> _WHAT YOU WILL DO_: Exactly as they appear, restate the lines of the material, from the first through the one containing "u t (m ∷ ms)".

> _STORED DATA_:
::::::

-- ===== src/Store/Migrations/Laws.antt =====
-- internal/store/store.go: which migrations a run of RunMigrations applies.
use mathlib.Core.List.{append-nil, append_assoc}
-- The migrations that are still to do where those of `seen` are done, each version once.
use pingachock.Base.{
  sort_by, ==_refl, All, arith, inr, ap, inl, sym, ◌∙◌, if◌then◌else◌, Bool-cases, refl, none, true,
  false, map, some, ◌++◌, ◌≡◌, [], member, ◌∷◌, Option, ℕ, List, Bytes,
}
use pingachock.Store.Migrations.{
  apply_dir, run_migrations, find_migrations, Entry, not_checked, not_read, apply, apply_body,
  apply_all, go_on, not_applied, step, version_of, Failure, Run, apply_one, Migration, Schema,
}
use pingachock.Store.Db.{later_faults, next_fault}

pub todo : List ℕ → List Migration → List Migration
todo seen [] = []
todo seen (m ∷ ms) =
    let later = todo (seen ++ (m.version ∷ [])) ms in
    let skipped = todo seen ms in if member m.version seen then skipped else m ∷ later

module _ {S : Type 0} (exec : Bytes → S → Option S) where
  -- The bodies of `ms` lead, one after the other, from `t` to `u`.
  pub data Executes (u : S) : S → List Migration → Type 0 where
    stop : Executes u u []
    next :
        {t v : S} {m : Migration} {ms : List Migration} (b : Bytes)
        → m.body ≡ some b
        → exec b t ≡ some v
        → Executes u v ms
        → Executes u t (m ∷ ms)

  -- A run from `s` has done the first of the migrations to do, all of them where it gives no error.
  pub record IsProgress (s : Schema S) (ms : List Migration) (r : Run S) : Type 0 where
    pub finished : List Migration
    pub left : List Migration
    pub splits : todo s.applied ms ≡ finished ++ left
    pub noted : r.1.applied ≡ s.applied ++ map version_of finished
    pub executed : Executes r.1.tables s.tables finished
    pub complete : r.0 ≡ none → left ≡ []

  -- What one round does.
  pub data Applies (s : Schema S) (m : Migration) : Run S → Type 0 where
    failed_now :
        (e : Failure) (s' : Schema S)
        → s'.applied ≡ s.applied
        → s'.tables ≡ s.tables
        → Applies s m (some e, s')
    was_done :
        (s' : Schema S)
        → member m.version s.applied ≡ true
        → s'.applied ≡ s.applied
        → s'.tables ≡ s.tables
        → Applies s m (none, s')
    was_new :
        (b : Bytes) (s' : Schema S)
        → member m.version s.applied ≡ false
        → m.body ≡ some b
        → exec b s.tables ≡ some s'.tables
        → s'.applied ≡ s.applied ++ (m.version ∷ [])
        → Applies s m (none, s')

  apply_one-Applies :
      (m : Migration) (b : Bytes) (s : Schema S) (o : Option S)
      → member m.version s.applied ≡ false
      → m.body ≡ some b
      → exec b s.tables ≡ o
      → Applies s m (apply_one exec m.version o (step exec s))
  unfolding apply_one
  apply_one-Applies m b s none n e x = failed_now not_applied _ refl refl
  apply_one-Applies m b s (some t) n e x = elim (Bool-cases (next_fault (later_faults s.failing))) [
    | inl bad ↦ rw bad (failed_now not_applied _ refl refl)
    | inr good ↦ rw good (was_new b _ n e x refl)
  ]

  apply_body-Applies :
      (m : Migration) (o : Option Bytes) (s : Schema S)
      → member m.version s.applied ≡ false
      → m.body ≡ o
      → Applies s m (apply_body exec m.version o (step exec s))
  unfolding apply_body
  apply_body-Applies m none s n e = failed_now not_read _ refl refl
  apply_body-Applies m (some b) s n e = apply_one-Applies m b s (exec b s.tables) n e refl

  apply-Applies : (m : Migration) (s : Schema S) → Applies s m (apply exec m s)
  unfolding apply
  apply-Applies m s = elim (Bool-cases (next_fault s.failing)) [
    | inl bad ↦ rw bad (failed_now not_checked _ refl refl)
    | inr good ↦ elim (Bool-cases (member m.version s.applied)) [
      | inl known ↦ rw (good, known) (was_done _ known refl refl)
      | inr new ↦ rw (good, new) (apply_body-Applies m m.body s new refl)
    ]
  ]

  go_on-IsProgress :
      (m : Migration) (ms : List Migration) (s : Schema S) (r : Run S) (k : Schema S → Run S)
      → Applies s m r
      → ((s' : Schema S) → IsProgress s' ms (k s'))
      → IsProgress s (m ∷ ms) (go_on exec r k)
  unfolding todo
  go_on-IsProgress m ms s (some e, s') k (failed_now _ _ a t) h = record {
    finished = [];
    left = todo s.applied (m ∷ ms);
    splits = refl;
    noted = a ∙ sym (append-nil s.applied);
    executed = rw t stop;
    complete = λ x. absurd cc;
  }
  go_on-IsProgress m ms s (none, s') k (was_done _ known a t) h = record {
    finished = (h s').finished;
    left = (h s').left;
    splits = rw known (rw (← a) (h s').splits);
    noted = rw (← a) (h s').noted;
    executed = rw (← t) (h s').executed;
    complete = (h s').complete;
  }
  go_on-IsProgress m ms s (none, s') k (was_new b _ n e x a) h = record {
    finished = m ∷ (h s').finished;
    left = (h s').left;
    splits = rw n (ap (λ l. m ∷ l) (rw (← a) (h s').splits));
    noted = (h s').noted ∙ (rw a (append_assoc s.applied (m.version ∷ []) _));
    executed = next b e x (h s').executed;
    complete = (h s').complete;
  }

  apply_all-IsProgress :
      (ms : List Migration) (s : Schema S) → IsProgress s ms (apply_all exec ms s)
  unfolding apply_all todo
  apply_all-IsProgress [] s = record {
    finished = [];
    left = [];
    splits = refl;
    noted = sym (append-nil s.applied);
    executed = stop;
    complete = λ _. refl;
  }
  apply_all-IsProgress (m ∷ ms) s =
      go_on-IsProgress m ms s (apply exec m s) (apply_all exec ms) (apply-Applies m s)
        (apply_all-IsProgress ms)

abbrev IsIn : List ℕ → Migration → Type 0
IsIn vs m = member m.version vs ≡ true

member-left : (v : ℕ) (xs ys : List ℕ) → member v xs ≡ true → member v (xs ++ ys) ≡ true
member-left v [] ys h = absurd cc
member-left v (x ∷ xs) ys h = ground (arith, member-left v xs ys)

member-right : (v : ℕ) (xs ys : List ℕ) → member v ys ≡ true → member v (xs ++ ys) ≡ true
member-right v [] ys h = h
member-right v (x ∷ xs) ys h = ground (arith, member-right v xs ys h)

todo-known :
    (seen : List ℕ) (m : Migration) (ms : List Migration)
    → member m.version seen ≡ true
    → todo seen (m ∷ ms) ≡ todo seen ms
unfolding todo
todo-known seen m ms h = rw h refl

todo-new :
    (seen : List ℕ) (m : Migration) (ms : List Migration)
    → member m.version seen ≡ false
    → todo seen (m ∷ ms) ≡ m ∷ todo (seen ++ (m.version ∷ [])) ms
unfolding todo
todo-new seen m ms h = rw h refl

todo_whole :
    (vs seen : List ℕ) (ms : List Migration)
    → vs ≡ seen ++ map version_of (todo seen ms)
    → All (IsIn vs) ms
todo_whole vs seen [] e = tt
todo_whole vs seen (m ∷ ms) e = elim (Bool-cases (member m.version seen)) [
  | inl known ↦ (
    rw e (member-left m.version seen _ known),
    todo_whole vs seen ms (e ∙ ap (λ l. seen ++ map version_of l) (todo-known seen m ms known)),
  )
  | inr new ↦
      let e' : vs ≡ seen ++ (m.version ∷ map version_of (todo (seen ++ (m.version ∷ [])) ms)) =
        e ∙ ap (λ l. seen ++ map version_of l) (todo-new seen m ms new) in
      (
        rw e' (member-right m.version seen _ (ground (arith, ==_refl m.version))),
        todo_whole vs (seen ++ (m.version ∷ [])) ms
            (e' ∙ sym (append_assoc seen (m.version ∷ []) _)),
      )
]

todo-none : (seen : List ℕ) (ms : List Migration) → All (IsIn seen) ms → todo seen ms ≡ []
unfolding todo
todo-none seen [] h = refl
todo-none seen (m ∷ ms) h = rw h.0 (todo-none seen ms h.1)

module _ {S : Type 0} (exec : Bytes → S → Option S) where
  restarted :
      (s : Schema S) (ms : List Migration) (r : Run S)
      → IsProgress exec (step exec s) ms r
      → IsProgress exec s ms r
  restarted s ms r p = record {
    finished = p.finished;
    left = p.left;
    splits = p.splits;
    noted = p.noted;
    executed = p.executed;
    complete = p.complete;
  }

  noted_whole :
      (s : Schema S) (ms : List Migration) (r : Run S)
      → IsProgress exec s ms r
      → r.0 ≡ none
      → All (IsIn r.1.applied) ms
  noted_whole s ms r p h =
      let e : todo s.applied ms ≡ p.finished =
        p.splits ∙ ap (λ l. p.finished ++ l) (p.complete h) ∙ append-nil p.finished in
      todo_whole r.1.applied s.applied ms
        (p.noted ∙ ap (λ l. s.applied ++ map version_of l) (sym e))

  unchanged_without : (t u : S) (ms : List Migration) → ms ≡ [] → Executes exec u t ms → u ≡ t
  unchanged_without t u [] e stop = refl
  unchanged_without t u (m ∷ ms) e (next b _ _ _) = absurd cc

  append-nil_left : (xs ys : List Migration) → [] ≡ xs ++ ys → xs ≡ []
  append-nil_left [] ys e = refl
  append-nil_left (x ∷ xs) ys e = absurd cc

  unchanged :
      (s : Schema S) (ms : List Migration) (r : Run S)
      → All (IsIn s.applied) ms
      → IsProgress exec s ms r
      → (r.1.tables ≡ s.tables) × (r.1.applied ≡ s.applied)
  unchanged s ms r h p =
      let e : p.finished ≡ [] =
        append-nil_left p.finished p.left (rw (todo-none s.applied ms h) at p.splits) in
      (
        unchanged_without s.tables r.1.tables p.finished e p.executed,
        p.noted ∙ (rw e (append-nil s.applied)),
      )

module _ {S : Type 0} (exec : Bytes → S → Option S) (parse_int : Bytes → Option ℕ) (es : List Entry)
    (ms : List Migration) (found : find_migrations parse_int es ≡ some ms) where
  -- A run of RunMigrations, however it ends, has applied migrations in the order of their versions: the
  -- first of those that were still to do, each version once, and all of them where it gives no error.
  pub run_migrations-IsProgress :
      (s : Schema S)
      → IsProgress exec s (sort_by version_of ms) (run_migrations exec parse_int (some es) s)
  unfolding run_migrations apply_dir
  run_migrations-IsProgress s = elim (Bool-cases (next_fault s.failing)) [
    | inl bad ↦ rw bad (record {
      finished = [];
      left = todo s.applied (sort_by version_of ms);
      splits = refl;
      noted = sym (append-nil s.applied);
      executed = stop;
      complete = λ x. absurd cc;
    })
    | inr good ↦
        rw (good, found)
          (restarted exec s (sort_by version_of ms) _
            (apply_all-IsProgress exec (sort_by version_of ms) (step exec s)))
  ]

  -- After a run that gives no error a further run changes neither the tables nor the versions.
  pub run_migrations_again :
      (s : Schema S)
      → let (e, s') = run_migrations exec parse_int (some es) s in
        e ≡ none
        → let (_, s'') = run_migrations exec parse_int (some es) s' in
          (s''.tables ≡ s'.tables) × (s''.applied ≡ s'.applied)
  run_migrations_again s h =
      unchanged exec _ (sort_by version_of ms) _
        (noted_whole exec s (sort_by version_of ms) _ (run_migrations-IsProgress s) h)
        (run_migrations-IsProgress _)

::::::

> _WRITTEN ANSWER_:
-- ===== src/Store/Migrations/Laws.antt =====
-- internal/store/store.go: which migrations a run of RunMigrations applies.
use mathlib.Core.List.{append-nil, append_assoc}
-- The migrations that are still to do where those of `seen` are done, each version once.
use pingachock.Base.{
  sort_by, ==_refl, All, arith, inr, ap, inl, sym, ◌∙◌, if◌then◌else◌, Bool-cases, refl, none, true,
  false, map, some, ◌++◌, ◌≡◌, [], member, ◌∷◌, Option, ℕ, List, Bytes,
}
use pingachock.Store.Migrations.{
  apply_dir, run_migrations, find_migrations, Entry, not_checked, not_read, apply, apply_body,
  apply_all, go_on, not_applied, step, version_of, Failure, Run, apply_one, Migration, Schema,
}
use pingachock.Store.Db.{later_faults, next_fault}

pub todo : List ℕ → List Migration → List Migration
todo seen [] = []
todo seen (m ∷ ms) =
    let later = todo (seen ++ (m.version ∷ [])) ms in
    let skipped = todo seen ms in if member m.version seen then skipped else m ∷ later

module _ {S : Type 0} (exec : Bytes → S → Option S) where
  -- The bodies of `ms` lead, one after the other, from `t` to `u`.
  pub data Executes (u : S) : S → List Migration → Type 0 where
    stop : Executes u u []
    next :
        {t v : S} {m : Migration} {ms : List Migration} (b : Bytes)
        → m.body ≡ some b
        → exec b t ≡ some v
        → Executes u v ms
        → Executes u t (m ∷ ms)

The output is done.